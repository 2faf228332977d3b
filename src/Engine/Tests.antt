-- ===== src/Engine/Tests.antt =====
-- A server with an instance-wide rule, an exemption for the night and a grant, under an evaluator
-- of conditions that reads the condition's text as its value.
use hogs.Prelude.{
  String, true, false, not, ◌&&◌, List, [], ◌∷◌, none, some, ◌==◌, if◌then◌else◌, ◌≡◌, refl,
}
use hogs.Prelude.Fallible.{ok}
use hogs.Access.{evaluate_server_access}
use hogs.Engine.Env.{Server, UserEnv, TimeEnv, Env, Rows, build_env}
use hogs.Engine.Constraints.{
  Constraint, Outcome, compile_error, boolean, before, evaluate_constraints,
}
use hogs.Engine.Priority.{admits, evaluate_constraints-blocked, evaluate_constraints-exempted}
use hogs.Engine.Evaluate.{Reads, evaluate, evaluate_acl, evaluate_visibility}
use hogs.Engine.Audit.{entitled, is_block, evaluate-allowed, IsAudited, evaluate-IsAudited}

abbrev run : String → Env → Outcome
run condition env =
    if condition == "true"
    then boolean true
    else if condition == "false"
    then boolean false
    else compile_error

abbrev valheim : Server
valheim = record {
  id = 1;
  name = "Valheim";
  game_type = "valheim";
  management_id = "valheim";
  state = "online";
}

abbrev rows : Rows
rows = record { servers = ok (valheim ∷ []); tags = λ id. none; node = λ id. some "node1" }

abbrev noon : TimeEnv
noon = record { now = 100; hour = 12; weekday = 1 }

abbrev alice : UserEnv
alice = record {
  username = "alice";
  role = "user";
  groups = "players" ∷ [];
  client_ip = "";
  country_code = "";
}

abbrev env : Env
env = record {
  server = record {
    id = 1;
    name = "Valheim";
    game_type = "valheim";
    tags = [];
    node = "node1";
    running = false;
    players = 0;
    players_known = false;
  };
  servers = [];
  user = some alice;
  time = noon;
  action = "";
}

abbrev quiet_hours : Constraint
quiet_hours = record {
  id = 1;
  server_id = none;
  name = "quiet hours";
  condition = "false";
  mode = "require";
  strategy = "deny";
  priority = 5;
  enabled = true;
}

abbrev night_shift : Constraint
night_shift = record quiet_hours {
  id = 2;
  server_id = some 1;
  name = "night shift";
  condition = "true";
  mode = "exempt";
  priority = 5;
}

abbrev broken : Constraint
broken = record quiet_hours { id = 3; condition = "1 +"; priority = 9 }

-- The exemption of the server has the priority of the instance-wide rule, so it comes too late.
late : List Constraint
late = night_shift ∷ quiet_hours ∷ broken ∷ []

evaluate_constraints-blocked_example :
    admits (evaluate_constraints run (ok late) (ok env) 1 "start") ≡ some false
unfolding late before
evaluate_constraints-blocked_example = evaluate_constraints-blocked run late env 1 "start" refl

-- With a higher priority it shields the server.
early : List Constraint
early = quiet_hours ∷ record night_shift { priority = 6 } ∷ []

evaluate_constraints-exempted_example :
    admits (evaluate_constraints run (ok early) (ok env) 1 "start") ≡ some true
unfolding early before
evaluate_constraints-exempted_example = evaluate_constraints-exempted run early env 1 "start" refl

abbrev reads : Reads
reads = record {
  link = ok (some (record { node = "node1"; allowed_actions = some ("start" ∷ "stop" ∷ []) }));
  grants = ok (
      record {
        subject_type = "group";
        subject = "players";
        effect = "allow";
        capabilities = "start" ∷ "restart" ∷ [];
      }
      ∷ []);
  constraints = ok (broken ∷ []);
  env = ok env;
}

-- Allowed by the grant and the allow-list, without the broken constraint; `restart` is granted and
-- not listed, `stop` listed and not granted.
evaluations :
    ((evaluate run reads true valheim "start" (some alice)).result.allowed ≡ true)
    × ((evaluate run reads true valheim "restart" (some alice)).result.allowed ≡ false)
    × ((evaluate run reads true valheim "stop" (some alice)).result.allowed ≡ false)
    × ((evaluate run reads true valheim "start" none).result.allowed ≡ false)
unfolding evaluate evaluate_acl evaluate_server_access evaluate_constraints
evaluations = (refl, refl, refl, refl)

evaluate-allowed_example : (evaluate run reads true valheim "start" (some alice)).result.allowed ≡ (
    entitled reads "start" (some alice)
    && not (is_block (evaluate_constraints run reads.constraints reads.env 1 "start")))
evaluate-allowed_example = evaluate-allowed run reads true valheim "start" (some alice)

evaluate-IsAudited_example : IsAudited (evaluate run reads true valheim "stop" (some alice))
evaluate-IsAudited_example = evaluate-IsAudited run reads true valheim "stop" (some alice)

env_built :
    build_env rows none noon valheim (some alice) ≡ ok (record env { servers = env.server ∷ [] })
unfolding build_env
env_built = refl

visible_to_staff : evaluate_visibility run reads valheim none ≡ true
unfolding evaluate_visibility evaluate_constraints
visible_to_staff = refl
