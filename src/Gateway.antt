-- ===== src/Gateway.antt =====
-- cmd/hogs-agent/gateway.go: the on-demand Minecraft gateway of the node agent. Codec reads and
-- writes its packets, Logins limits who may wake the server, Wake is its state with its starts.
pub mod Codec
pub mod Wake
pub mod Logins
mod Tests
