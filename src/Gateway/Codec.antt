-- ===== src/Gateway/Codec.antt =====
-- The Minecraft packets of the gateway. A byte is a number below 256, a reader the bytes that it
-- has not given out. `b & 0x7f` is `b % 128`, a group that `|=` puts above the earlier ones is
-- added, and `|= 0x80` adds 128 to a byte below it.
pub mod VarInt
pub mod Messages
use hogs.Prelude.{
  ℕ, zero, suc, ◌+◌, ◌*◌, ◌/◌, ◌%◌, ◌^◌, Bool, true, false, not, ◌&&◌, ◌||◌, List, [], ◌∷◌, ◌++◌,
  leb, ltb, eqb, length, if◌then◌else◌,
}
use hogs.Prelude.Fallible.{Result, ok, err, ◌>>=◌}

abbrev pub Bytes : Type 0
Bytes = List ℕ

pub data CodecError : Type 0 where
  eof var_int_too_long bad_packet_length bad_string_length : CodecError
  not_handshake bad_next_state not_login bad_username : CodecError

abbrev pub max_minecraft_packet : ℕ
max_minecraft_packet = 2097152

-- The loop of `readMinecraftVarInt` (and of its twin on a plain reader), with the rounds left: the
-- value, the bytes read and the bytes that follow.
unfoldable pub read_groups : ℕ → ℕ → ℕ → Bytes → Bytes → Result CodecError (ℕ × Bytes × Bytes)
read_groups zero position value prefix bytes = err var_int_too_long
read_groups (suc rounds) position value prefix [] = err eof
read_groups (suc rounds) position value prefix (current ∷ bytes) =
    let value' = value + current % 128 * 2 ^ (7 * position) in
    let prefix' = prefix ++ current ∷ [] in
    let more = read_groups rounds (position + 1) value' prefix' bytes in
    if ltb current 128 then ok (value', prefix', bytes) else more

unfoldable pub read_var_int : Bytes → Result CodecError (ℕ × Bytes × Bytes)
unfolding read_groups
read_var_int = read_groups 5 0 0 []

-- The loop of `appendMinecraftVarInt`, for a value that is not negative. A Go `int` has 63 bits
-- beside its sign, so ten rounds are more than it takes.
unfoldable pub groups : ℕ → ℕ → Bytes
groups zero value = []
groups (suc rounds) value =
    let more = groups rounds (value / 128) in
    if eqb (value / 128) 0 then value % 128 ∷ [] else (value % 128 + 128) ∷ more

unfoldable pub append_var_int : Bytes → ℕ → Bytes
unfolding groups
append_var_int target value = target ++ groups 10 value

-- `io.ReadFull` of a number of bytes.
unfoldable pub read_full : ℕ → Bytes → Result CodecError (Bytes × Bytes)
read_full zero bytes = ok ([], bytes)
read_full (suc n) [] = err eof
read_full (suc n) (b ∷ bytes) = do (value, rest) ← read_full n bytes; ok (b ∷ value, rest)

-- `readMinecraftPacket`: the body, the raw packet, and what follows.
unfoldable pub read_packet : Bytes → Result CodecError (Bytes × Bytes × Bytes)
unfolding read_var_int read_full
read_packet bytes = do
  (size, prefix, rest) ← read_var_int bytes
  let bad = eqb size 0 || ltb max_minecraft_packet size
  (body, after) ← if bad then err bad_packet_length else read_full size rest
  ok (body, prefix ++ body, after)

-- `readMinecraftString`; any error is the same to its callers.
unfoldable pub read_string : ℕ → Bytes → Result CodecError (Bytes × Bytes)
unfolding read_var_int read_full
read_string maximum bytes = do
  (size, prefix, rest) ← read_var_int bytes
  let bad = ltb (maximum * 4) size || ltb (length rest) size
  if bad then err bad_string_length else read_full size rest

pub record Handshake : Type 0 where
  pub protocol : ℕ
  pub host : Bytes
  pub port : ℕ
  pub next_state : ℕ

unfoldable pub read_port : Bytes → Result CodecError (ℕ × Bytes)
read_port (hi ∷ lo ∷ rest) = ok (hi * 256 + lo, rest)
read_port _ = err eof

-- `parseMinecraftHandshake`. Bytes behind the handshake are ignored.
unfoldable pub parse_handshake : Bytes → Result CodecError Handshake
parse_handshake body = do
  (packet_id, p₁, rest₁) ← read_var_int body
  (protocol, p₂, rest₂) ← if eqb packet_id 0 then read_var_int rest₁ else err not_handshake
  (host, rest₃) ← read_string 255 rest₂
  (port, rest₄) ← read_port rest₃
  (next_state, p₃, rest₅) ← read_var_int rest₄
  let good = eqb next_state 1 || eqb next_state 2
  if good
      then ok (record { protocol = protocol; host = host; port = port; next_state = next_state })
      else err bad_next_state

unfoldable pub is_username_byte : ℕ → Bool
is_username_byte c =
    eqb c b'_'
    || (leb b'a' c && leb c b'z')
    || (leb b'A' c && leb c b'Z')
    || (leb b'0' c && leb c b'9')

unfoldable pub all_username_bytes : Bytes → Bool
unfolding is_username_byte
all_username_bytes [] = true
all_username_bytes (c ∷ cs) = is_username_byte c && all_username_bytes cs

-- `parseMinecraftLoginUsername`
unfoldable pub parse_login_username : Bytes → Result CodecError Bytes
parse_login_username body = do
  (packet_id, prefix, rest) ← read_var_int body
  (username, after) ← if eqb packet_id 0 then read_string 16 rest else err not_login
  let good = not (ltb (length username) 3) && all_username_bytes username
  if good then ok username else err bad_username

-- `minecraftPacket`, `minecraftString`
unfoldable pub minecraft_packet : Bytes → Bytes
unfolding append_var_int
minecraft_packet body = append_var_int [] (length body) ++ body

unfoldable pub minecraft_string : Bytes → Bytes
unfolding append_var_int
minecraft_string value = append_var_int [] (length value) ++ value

◆ Your instructions
Your answer should consist solely of the lines above from the line with "admits (evaluate_constraints run (ok late)" to the line with "unfolding early before", both included, reproduced exactly.

◆ Result below
    admits (evaluate_constraints run (ok late) (ok env) 1 "start") ≡ some false
unfolding late before
evaluate_constraints-blocked_example = evaluate_constraints-blocked run late env 1 "start" refl

-- With a higher priority it shields the server.
early : List Constraint
early = quiet_hours ∷ record night_shift { priority = 6 } ∷ []

evaluate_constraints-exempted_example :
    admits (evaluate_constraints run (ok early) (ok env) 1 "start") ≡ some true
unfolding early before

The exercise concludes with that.